═════ Data shown
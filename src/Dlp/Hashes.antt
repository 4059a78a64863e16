-- ===== src/Dlp/Hashes.antt =====
-- The hashes that a scan of internal/compliance/handlers/security/data_protection.go reports.
use mathlib.Core.List.{append_assoc, append-nil}
use aocs_compliance_svc.Common.{
  ℕ, ◌≡◌, refl, sym, ap, ◌∙◌, inl, inr, Bool, false, ◌||◌, List, [], ◌∷◌, ◌++◌, map, any,
  Bool-cases, arith,
}
use aocs_compliance_svc.Text.{Text, eq_text}
use aocs_compliance_svc.Text.Laws.{eq_text_comm}
use aocs_compliance_svc.Dlp.Patterns.{PiiPattern, CodePattern, pii_patterns, code_patterns}
use aocs_compliance_svc.Dlp.Scan.{
  Services, PiiDetection, CodeDetection, DlpScanResult, PiiState, CodeState, slice, sha256_hash,
  pii_match, code_match, pii_matches, code_matches, pii_scan, code_scan, scan_payload,
}

-- A hash is in a list of hashes.
abbrev pub has : List Text → Text → Bool
has hs h = any (eq_text h) hs

abbrev pub Distinct : List Text → Type 0
Distinct [] = Unit
Distinct (h ∷ hs) = (has hs h ≡ false) × Distinct hs

-- The hashes that were seen are those of a list without repetition.
abbrev Seen : List Text → List Text → Type 0
Seen seen hs = ((h : Text) → has seen h ≡ has hs h) × Distinct hs

has-append : (xs : List Text) (x h : Text) → has (xs ++ x ∷ []) h ≡ (eq_text h x || has xs h)
has-append [] x h = ground arith
has-append (y ∷ xs) x h = ground (arith, has-append xs x h)

Distinct-append :
    (xs : List Text) (x : Text) → has xs x ≡ false → Distinct xs → Distinct (xs ++ x ∷ [])
Distinct-append [] x h d = (refl, tt)
Distinct-append (y ∷ xs) x h (fresh, d) =
    let other : eq_text x y ≡ false = ground (arith, h) in
    let rest : has xs x ≡ false = ground (arith, h) in
    (rw (has-append xs x y, eq_text_comm x y other) fresh, Distinct-append xs x rest d)

Seen-append :
    (seen hs : List Text) (h : Text)
    → has seen h ≡ false
    → Seen seen hs
    → Seen (h ∷ seen) (hs ++ h ∷ [])
Seen-append seen hs h fresh (same, d) =
    ((λ j. rw (has-append hs h j, same j) refl), Distinct-append hs h (sym (same h) ∙ fresh) d)

-- The hashes of the detections.
abbrev pub pii_hashes : List PiiDetection → List Text
pii_hashes found = map (λ d. d.sha256_hash) found

abbrev pub code_hashes : List CodeDetection → List Text
code_hashes found = map (λ d. d.snippet_hash) found

map-append_one :
    {A : Type 0} (f : A → Text) (xs : List A) (x : A) → map f (xs ++ x ∷ []) ≡ map f xs ++ f x ∷ []
map-append_one f [] x = refl
map-append_one f (y ∷ xs) x = ap (λ t. f y ∷ t) (map-append_one f xs x)

module _ (s : Services) (payload : List ℕ) where
  abbrev PiiSeen : PiiState → Type 0
  PiiSeen st = Seen st.seen (pii_hashes st.found)

  pii_match-Seen :
      (p : PiiPattern) (loc : ℕ × ℕ) (st : PiiState)
      → PiiSeen st
      → PiiSeen (pii_match s payload p loc st)
  unfolding pii_match
  pii_match-Seen p (start, end) st h =
      let hash = sha256_hash s (slice payload start end) in
      elim (Bool-cases (has st.seen hash)) [
        | inl again ↦ rw again h
        | inr fresh ↦
            rw (fresh, map-append_one (λ d. d.sha256_hash) st.found _)
              (Seen-append st.seen (pii_hashes st.found) hash fresh h)
      ]

  pii_matches-Seen :
      (p : PiiPattern) (locs : List (ℕ × ℕ)) (st : PiiState)
      → PiiSeen st
      → PiiSeen (pii_matches s payload p locs st)
  unfolding pii_matches
  pii_matches-Seen p [] st h = h
  pii_matches-Seen p (loc ∷ locs) st h = pii_matches-Seen p locs _ (pii_match-Seen p loc st h)

  pii_scan-Seen :
      (ps : List PiiPattern) (st : PiiState) → PiiSeen st → PiiSeen (pii_scan s payload ps st)
  unfolding pii_scan
  pii_scan-Seen [] st h = h
  pii_scan-Seen (p ∷ ps) st h = pii_scan-Seen ps _ (pii_matches-Seen p _ st h)

  module _ (before : List Text) where
    abbrev CodeSeen : CodeState → Type 0
    CodeSeen st = Seen st.seen (before ++ code_hashes st.found)

    code_match-Seen :
        (c : CodePattern) (loc : ℕ × ℕ) (st : CodeState)
        → CodeSeen st
        → CodeSeen (code_match s payload c loc st)
    unfolding code_match
    code_match-Seen c (start, end) st h =
        let hash = sha256_hash s (slice payload start end) in
        elim (Bool-cases (has st.seen hash)) [
          | inl again ↦ rw again h
          | inr fresh ↦
              rw
                (
                  fresh,
                  map-append_one (λ d. d.snippet_hash) st.found _,
                  sym (append_assoc before (code_hashes st.found) (hash ∷ [])),
                )
                (Seen-append st.seen (before ++ code_hashes st.found) hash fresh h)
        ]

    code_matches-Seen :
        (c : CodePattern) (locs : List (ℕ × ℕ)) (st : CodeState)
        → CodeSeen st
        → CodeSeen (code_matches s payload c locs st)
    unfolding code_matches
    code_matches-Seen c [] st h = h
    code_matches-Seen c (loc ∷ locs) st h = code_matches-Seen c locs _ (code_match-Seen c loc st h)

    code_scan-Seen :
        (cs : List CodePattern) (st : CodeState)
        → CodeSeen st
        → CodeSeen (code_scan s payload cs st)
    unfolding code_scan
    code_scan-Seen [] st h = h
    code_scan-Seen (c ∷ cs) st h = code_scan-Seen cs _ (code_matches-Seen c _ st h)

  -- The two stages of a scan.
  abbrev pub pii_stage : PiiState
  pii_stage = pii_scan s payload pii_patterns (record { seen = []; found = [] })

  abbrev pub code_stage : CodeState
  code_stage = code_scan s payload code_patterns (record { seen = pii_stage.seen; found = [] })

  stages-Seen : Seen code_stage.seen (pii_hashes pii_stage.found ++ code_hashes code_stage.found)
  stages-Seen =
      let before =
        pii_scan-Seen pii_patterns (record { seen = []; found = [] }) ((λ h. refl), tt) in
      code_scan-Seen (pii_hashes pii_stage.found) code_patterns
        (record { seen = pii_stage.seen; found = [] })
        (rw (append-nil (pii_hashes pii_stage.found)) before)

  -- All hashes of a scan.
  unfoldable pub reported : DlpScanResult → List Text
  reported r = pii_hashes r.pii_detections ++ code_hashes r.code_detections

  pub scan_payload-seen :
      (h : Text) → has code_stage.seen h ≡ has (reported (scan_payload s payload)) h
  unfolding scan_payload reported
  scan_payload-seen h = stages-Seen.0 h

  -- No two detections of a scan, of either kind, have the same hash.
  pub scan_payload-Distinct : Distinct (reported (scan_payload s payload))
  unfolding scan_payload reported
  scan_payload-Distinct = stages-Seen.1
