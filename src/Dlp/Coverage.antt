-- ===== src/Dlp/Coverage.antt =====
-- That a scan of internal/compliance/handlers/security/data_protection.go reports each match.
use mathlib.Core.List.{Memᴰ}
use aocs_compliance_svc.Common.{ℕ, ◌≡◌, sym, ap, ◌∙◌, ◌⊎◌, inl, inr, true, List, [], ◌∷◌, arith}
use aocs_compliance_svc.Text.{Text}
use aocs_compliance_svc.Text.Laws.{eq_text_refl}
use aocs_compliance_svc.Dlp.Patterns.{PiiPattern, CodePattern, pii_patterns, code_patterns}
use aocs_compliance_svc.Dlp.Scan.{
  Services, PiiState, CodeState, slice, sha256_hash, pii_match, code_match, pii_matches,
  code_matches, pii_scan, code_scan, scan_payload,
}
use aocs_compliance_svc.Dlp.Hashes.{has, pii_stage, reported, scan_payload-seen}

module _ (s : Services) (payload : List ℕ) where
  open s use {find_all}

  abbrev pub hash_at : ℕ × ℕ → Text
  hash_at (start, end) = sha256_hash s (slice payload start end)

  pii_match-keeps :
      (p : PiiPattern) (loc : ℕ × ℕ) (st : PiiState) (h : Text)
      → has st.seen h ≡ true
      → has (pii_match s payload p loc st).seen h ≡ true
  unfolding pii_match
  pii_match-keeps p (start, end) st h e = ground (arith, e)

  pii_match-adds :
      (p : PiiPattern) (loc : ℕ × ℕ) (st : PiiState)
      → has (pii_match s payload p loc st).seen (hash_at loc) ≡ true
  unfolding pii_match
  pii_match-adds p (start, end) st = ground (arith, eq_text_refl (hash_at (start, end)))

  pii_matches-keeps :
      (p : PiiPattern) (locs : List (ℕ × ℕ)) (st : PiiState) (h : Text)
      → has st.seen h ≡ true
      → has (pii_matches s payload p locs st).seen h ≡ true
  unfolding pii_matches
  pii_matches-keeps p [] st h e = e
  pii_matches-keeps p (loc ∷ locs) st h e =
      pii_matches-keeps p locs _ h (pii_match-keeps p loc st h e)

  pii_matches-adds :
      (p : PiiPattern) (locs : List (ℕ × ℕ)) (loc : ℕ × ℕ) (st : PiiState)
      → Memᴰ loc locs
      → has (pii_matches s payload p locs st).seen (hash_at loc) ≡ true
  unfolding pii_matches
  pii_matches-adds p [] loc st at = elim at [ ]
  pii_matches-adds p (l ∷ locs) loc st (Memᴰ.head e) =
      pii_matches-keeps p locs _ (hash_at loc)
        (ap (λ a. has (pii_match s payload p l st).seen (hash_at a)) e ∙ pii_match-adds p l st)
  pii_matches-adds p (l ∷ locs) loc st (Memᴰ.tail at) = pii_matches-adds p locs loc _ at

  pii_scan-keeps :
      (ps : List PiiPattern) (st : PiiState) (h : Text)
      → has st.seen h ≡ true
      → has (pii_scan s payload ps st).seen h ≡ true
  unfolding pii_scan
  pii_scan-keeps [] st h e = e
  pii_scan-keeps (p ∷ ps) st h e = pii_scan-keeps ps _ h (pii_matches-keeps p _ st h e)

  pii_scan-adds :
      (ps : List PiiPattern) (p : PiiPattern) (loc : ℕ × ℕ) (st : PiiState)
      → Memᴰ p ps
      → Memᴰ loc (find_all p.regex payload)
      → has (pii_scan s payload ps st).seen (hash_at loc) ≡ true
  unfolding pii_scan
  pii_scan-adds [] p loc st at in_matches = elim at [ ]
  pii_scan-adds (q ∷ ps) p loc st (Memᴰ.head e) in_matches =
      pii_scan-keeps ps _ (hash_at loc)
        (pii_matches-adds q _ loc st (rw (ap (λ r. find_all r.regex payload) e) at in_matches))
  pii_scan-adds (q ∷ ps) p loc st (Memᴰ.tail at) in_matches = pii_scan-adds ps p loc _ at in_matches

  code_match-keeps :
      (p : CodePattern) (loc : ℕ × ℕ) (st : CodeState) (h : Text)
      → has st.seen h ≡ true
      → has (code_match s payload p loc st).seen h ≡ true
  unfolding code_match
  code_match-keeps p (start, end) st h e = ground (arith, e)

  code_match-adds :
      (p : CodePattern) (loc : ℕ × ℕ) (st : CodeState)
      → has (code_match s payload p loc st).seen (hash_at loc) ≡ true
  unfolding code_match
  code_match-adds p (start, end) st = ground (arith, eq_text_refl (hash_at (start, end)))

  code_matches-keeps :
      (p : CodePattern) (locs : List (ℕ × ℕ)) (st : CodeState) (h : Text)
      → has st.seen h ≡ true
      → has (code_matches s payload p locs st).seen h ≡ true
  unfolding code_matches
  code_matches-keeps p [] st h e = e
  code_matches-keeps p (loc ∷ locs) st h e =
      code_matches-keeps p locs _ h (code_match-keeps p loc st h e)

  code_matches-adds :
      (p : CodePattern) (locs : List (ℕ × ℕ)) (loc : ℕ × ℕ) (st : CodeState)
      → Memᴰ loc locs
      → has (code_matches s payload p locs st).seen (hash_at loc) ≡ true
  unfolding code_matches
  code_matches-adds p [] loc st at = elim at [ ]
  code_matches-adds p (l ∷ locs) loc st (Memᴰ.head e) =
      code_matches-keeps p locs _ (hash_at loc)
        (ap (λ a. has (code_match s payload p l st).seen (hash_at a)) e ∙ code_match-adds p l st)
  code_matches-adds p (l ∷ locs) loc st (Memᴰ.tail at) = code_matches-adds p locs loc _ at

  code_scan-keeps :
      (ps : List CodePattern) (st : CodeState) (h : Text)
      → has st.seen h ≡ true
      → has (code_scan s payload ps st).seen h ≡ true
  unfolding code_scan
  code_scan-keeps [] st h e = e
  code_scan-keeps (p ∷ ps) st h e = code_scan-keeps ps _ h (code_matches-keeps p _ st h e)

  code_scan-adds :
      (ps : List CodePattern) (p : CodePattern) (loc : ℕ × ℕ) (st : CodeState)
      → Memᴰ p ps
      → Memᴰ loc (find_all p.regex payload)
      → has (code_scan s payload ps st).seen (hash_at loc) ≡ true
  unfolding code_scan
  code_scan-adds [] p loc st at in_matches = elim at [ ]
  code_scan-adds (q ∷ ps) p loc st (Memᴰ.head e) in_matches =
      code_scan-keeps ps _ (hash_at loc)
        (code_matches-adds q _ loc st (rw (ap (λ r. find_all r.regex payload) e) at in_matches))
  code_scan-adds (q ∷ ps) p loc st (Memᴰ.tail at) in_matches =
      code_scan-adds ps p loc _ at in_matches

  -- Each match of an expression for personal data is reported by its hash.
  scan_payload-pii :
      (p : PiiPattern) (loc : ℕ × ℕ)
      → Memᴰ p pii_patterns
      → Memᴰ loc (find_all p.regex payload)
      → has (reported s payload (scan_payload s payload)) (hash_at loc) ≡ true
  scan_payload-pii p loc at in_matches =
      sym (scan_payload-seen s payload (hash_at loc))
      ∙ code_scan-keeps code_patterns _ (hash_at loc)
          (pii_scan-adds pii_patterns p loc (record { seen = []; found = [] }) at in_matches)

  -- Each match of an expression for code or secrets is reported by its hash.
  scan_payload-code :
      (c : CodePattern) (loc : ℕ × ℕ)
      → Memᴰ c code_patterns
      → Memᴰ loc (find_all c.regex payload)
      → has (reported s payload (scan_payload s payload)) (hash_at loc) ≡ true
  scan_payload-code c loc at in_matches =
      sym (scan_payload-seen s payload (hash_at loc))
      ∙ code_scan-adds code_patterns c loc
          (record { seen = (pii_stage s payload).seen; found = [] }) at in_matches

  -- Each match of an expression of either kind is reported by its hash.
  pub scan_payload-reported :
      (loc : ℕ × ℕ)
      → ((p : PiiPattern) × Memᴰ p pii_patterns × Memᴰ loc (find_all p.regex payload))
        ⊎ ((c : CodePattern) × Memᴰ c code_patterns × Memᴰ loc (find_all c.regex payload))
      → has (reported s payload (scan_payload s payload)) (hash_at loc) ≡ true
  scan_payload-reported loc (inl (p, at, in_matches)) = scan_payload-pii p loc at in_matches
  scan_payload-reported loc (inr (c, at, in_matches)) = scan_payload-code c loc at in_matches
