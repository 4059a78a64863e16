-- ===== src/Dlp/Redaction.antt =====
-- What redactContext of internal/compliance/handlers/security/data_protection.go leaves of a payload.
use mathlib.Core.List.{append_assoc}
use aocs_compliance_svc.Common.{
  ℕ, suc, ◌+◌, ◌-◌, ◌≤◌, ◌≡◌, refl, sym, ap, ◌∙◌, List, [], ◌∷◌, ◌++◌, take, drop, length,
  length-append, length-drop, ltb, if◌then◌else◌, Bool-cases, inl, inr, ltb→lt, arith,
}
use aocs_compliance_svc.Text.{codes}
use aocs_compliance_svc.Dlp.Scan.{slice, redact_context}

take-append : (xs ys : List ℕ) → take (length xs) (xs ++ ys) ≡ xs
take-append [] ys = refl
take-append (x ∷ xs) ys = ap (λ t. x ∷ t) (take-append xs ys)

drop-append : (xs ys : List ℕ) → drop (length xs) (xs ++ ys) ≡ ys
drop-append [] ys = refl
drop-append (x ∷ xs) ys = drop-append xs ys

drop-append_le : (n : ℕ) (xs ys : List ℕ) → n ≤ length xs → drop n (xs ++ ys) ≡ drop n xs ++ ys
drop-append_le ℕ.zero xs ys h = refl
drop-append_le (suc n) [] ys h = absurd (omega arith)
drop-append_le (suc n) (x ∷ xs) ys h = drop-append_le n xs ys (omega arith)

take_all : (n : ℕ) (xs : List ℕ) → length xs ≤ n → take n xs ≡ xs
take_all ℕ.zero [] h = refl
take_all ℕ.zero (x ∷ xs) h = absurd (omega arith)
take_all (suc n) [] h = refl
take_all (suc n) (x ∷ xs) h = ap (λ t. x ∷ t) (take_all n xs (omega arith))

-- The window before a match.
slice_before :
    (n : ℕ) (pre rest : List ℕ) → n ≤ length pre → slice (pre ++ rest) n (length pre) ≡ drop n pre
slice_before n pre rest h =
    rw (drop-append_le n pre rest h, sym (length-drop n pre)) (take-append (drop n pre) rest)

-- The window after a match.
slice_after :
    (xs post : List ℕ)
    → let full = length (xs ++ post) in
      slice (xs ++ post) (length xs) (if ltb full (length xs + 30) then full else length xs + 30)
      ≡ take 30 post
slice_after xs post =
    let full = length (xs ++ post) in
    let parts = length-append xs post in
    elim (Bool-cases (ltb full (length xs + 30))) [
      | inl short ↦
          let few : length post ≤ 30 = omega (arith, parts, ltb→lt full (length xs + 30) short) in
          let rest : full - length xs ≡ length post = omega (arith, parts) in
          rw (short, drop-append xs post, rest)
            (take_all (length post) post (omega arith) ∙ sym (take_all 30 post few))
      | inr long ↦
          let rest : length xs + 30 - length xs ≡ 30 = omega arith in
          rw (long, drop-append xs post, rest) refl
    ]

start_of : (n : ℕ) → (if ltb n 30 then 0 else n - 30) ≡ n - 30
start_of n = ground arith

-- The context of a match is what stands in the 30 bytes before it and the 30 bytes after it, as it
-- is, with [REDACTED] in place of the match alone.
pub redact_context-append :
    (pre value post : List ℕ)
    → redact_context (pre ++ (value ++ post)) (length pre) (length pre + length value)
      ≡ drop (length pre - 30) pre ++ codes "[REDACTED]" ++ take 30 post
unfolding redact_context
redact_context-append pre value post =
    let before = slice_before (length pre - 30) pre (value ++ post) (omega arith) in
    let after = slice_after (pre ++ value) post in
    let after = rw (append_assoc pre value post, length-append pre value) at after in
    rw (start_of (length pre), before, after) refl
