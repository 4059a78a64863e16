-- ===== src/Dlp/Risk.antt =====
-- The risk of a scan in internal/compliance/handlers/security/data_protection.go, as a sum.
use aocs_compliance_svc.Common.{ℕ, ◌+◌, ◌*◌, ◌≤◌, ◌≡◌, min, List, [], ◌∷◌, arith}
use aocs_compliance_svc.Text.{Text}
use aocs_compliance_svc.Dlp.Scan.{
  Services, PiiDetection, CodeDetection, base_risk, pii_risk, code_risk, calculate_risk,
  scan_payload,
}

unfoldable pub pii_sum : List PiiDetection → ℕ
pii_sum [] = 0
pii_sum (m ∷ pii) = m.confidence + pii_sum pii

unfoldable pub code_sum : List CodeDetection → ℕ
code_sum [] = 0
code_sum (m ∷ code) = m.confidence + code_sum code

pii_risk-sum :
    (pii : List PiiDetection) (n : ℕ) → n ≤ 10000 → pii_risk pii n ≡ min 10000 (n + 5 * pii_sum pii)
unfolding pii_risk pii_sum
pii_risk-sum [] n h = omega arith
pii_risk-sum (m ∷ pii) n h =
    omega (arith, pii_risk-sum pii (min 10000 (n + 5 * m.confidence)) (omega arith))

code_risk-sum :
    (code : List CodeDetection) (n : ℕ)
    → n ≤ 10000
    → code_risk code n ≡ min 10000 (n + 3 * code_sum code)
unfolding code_risk code_sum
code_risk-sum [] n h = omega arith
code_risk-sum (m ∷ code) n h =
    omega (arith, code_risk-sum code (min 10000 (n + 3 * m.confidence)) (omega arith))

base_risk_le : (c : Text) → base_risk c ≤ 9000
unfolding base_risk
base_risk_le c = ground arith

-- The risk of a scan is the base of its classification and the weighted confidences of all its
-- detections, cut once at 10000, although the code cuts it at each step.
pub scan_payload-risk :
    (s : Services) (payload : List ℕ)
    → let r = scan_payload s payload in
      r.risk_score
      ≡ min 10000 (
          base_risk r.classification
          + 5 * pii_sum r.pii_detections
          + 3 * code_sum r.code_detections)
unfolding scan_payload calculate_risk
scan_payload-risk s payload =
    let r = scan_payload s payload in
    let pii =
      pii_risk-sum r.pii_detections (base_risk r.classification)
        (omega (arith, base_risk_le r.classification)) in
    let code =
      code_risk-sum r.code_detections (pii_risk r.pii_detections (base_risk r.classification))
        (omega (arith, pii)) in
    omega (arith, pii, code)
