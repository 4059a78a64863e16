-- ===== src/Dlp/Tests.antt =====
-- The theorems on scans at expressions that match the two halves of a payload.
use mathlib.Core.List.{Memᴰ}
use aocs_compliance_svc.Common.{ℕ, ◌≡◌, refl, inl, true, List, [], ◌∷◌, ◌==◌}
use aocs_compliance_svc.Text.{codes}
use aocs_compliance_svc.Dlp.Patterns.{PiiPattern, pii_patterns}
use aocs_compliance_svc.Dlp.Scan.{Services, DlpScanResult, scan_payload}
use aocs_compliance_svc.Dlp.Classes.{
  higher, highest, pii_level, code_level, level_name, scan_payload-highest,
}
use aocs_compliance_svc.Dlp.Hashes.{has, reported}
use aocs_compliance_svc.Dlp.Coverage.{hash_at, scan_payload-reported}

abbrev toy : Services
toy = record { sha256 = λ bytes. bytes; find_all = λ regex payload. (0, 2) ∷ (2, 4) ∷ [] }

abbrev abcd : List ℕ
abcd = codes "abcd"

abbrev scanned : DlpScanResult
scanned = scan_payload toy abcd

scan_payload-highest_example :
    let level =
      higher
        (highest pii_level scanned.pii_detections)
        (highest code_level scanned.code_detections) in
    (scanned.classification ≡ level_name level) × (scanned.should_block ≡ (level == 3))
scan_payload-highest_example = scan_payload-highest toy abcd

abbrev email : PiiPattern
email = record {
  pii_type = codes "email";
  regex = codes "[a-zA-Z0-9._%+\\-]+@[a-zA-Z0-9.\\-]+\\.[a-zA-Z]{2,}";
  confidence = 95;
}

email_scanned : Memᴰ email pii_patterns
unfolding pii_patterns
email_scanned = Memᴰ.head refl

scan_payload-reported_example : has (reported toy abcd scanned) (hash_at toy abcd (2, 4)) ≡ true
scan_payload-reported_example =
    scan_payload-reported toy abcd (2, 4) (inl (email, email_scanned, Memᴰ.tail (Memᴰ.head refl)))
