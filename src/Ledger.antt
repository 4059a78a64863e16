-- ===== src/Ledger.antt =====
-- The root of the ledger: HandleGetLedgerRoot of
-- internal/compliance/handlers/compliance/zkp_batch.go.
mod Root
mod Binding
mod Tests
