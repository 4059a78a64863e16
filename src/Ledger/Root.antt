-- ===== src/Ledger/Root.antt =====
-- The root of the ledger in internal/compliance/handlers/compliance/zkp_batch.go: HandleGetLedgerRoot,
-- apart from the headers, the time and the tenant of the reply. Strings are their bytes.
use aocs_compliance_svc.Common.{ℕ, List, [], ◌∷◌, ◌++◌, Option, none, some, length}
use aocs_compliance_svc.Text.{codes}
use aocs_compliance_svc.Text.Hex.{hex_encode}

-- The columns of an evidence record that are read.
pub record EvidenceRecord : Type 0 where
  pub id : List ℕ
  pub record_hash : List ℕ

pub record LedgerRoot : Type 0 where
  pub root_hash : List ℕ
  pub record_count : ℕ

module _ (sha256 : List ℕ → List ℕ) where
  -- What is hashed for a record after a root.
  unfoldable pub link : List ℕ → EvidenceRecord → List ℕ
  link running rec = hex_encode running ++ (rec.record_hash ++ rec.id)

  unfoldable pub chain : List ℕ → List EvidenceRecord → List ℕ
  chain running [] = running
  chain running (rec ∷ records) = chain (sha256 (link running rec)) records

  -- An error of the query reads as no record.
  unfoldable pub get_ledger_root : Option (List EvidenceRecord) → LedgerRoot
  get_ledger_root queried =
      let records : List EvidenceRecord = elim queried [ none ↦ [] | some records ↦ records ] in
      record {
        root_hash = hex_encode (chain (sha256 (codes "genesis")) records);
        record_count = length records;
      }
══════════
→ Directions: Lines to set down from above: the line with "has hs h = any (eq_text h) hs", the line with "has-append (y ∷", and every line between, each exactly as written.

→ Output below:
has hs h = any (eq_text h) hs

abbrev pub Distinct : List Text → Type 0
Distinct [] = Unit
Distinct (h ∷ hs) = (has hs h ≡ false) × Distinct hs

-- The hashes that were seen are those of a list without repetition.
abbrev Seen : List Text → List Text → Type 0
Seen seen hs = ((h : Text) → has seen h ≡ has hs h) × Distinct hs

has-append : (xs : List Text) (x h : Text) → has (xs ++ x ∷ []) h ≡ (eq_text h x || has xs h)
has-append [] x h = ground arith
has-append (y ∷ xs) x h = ground (arith, has-append xs x h)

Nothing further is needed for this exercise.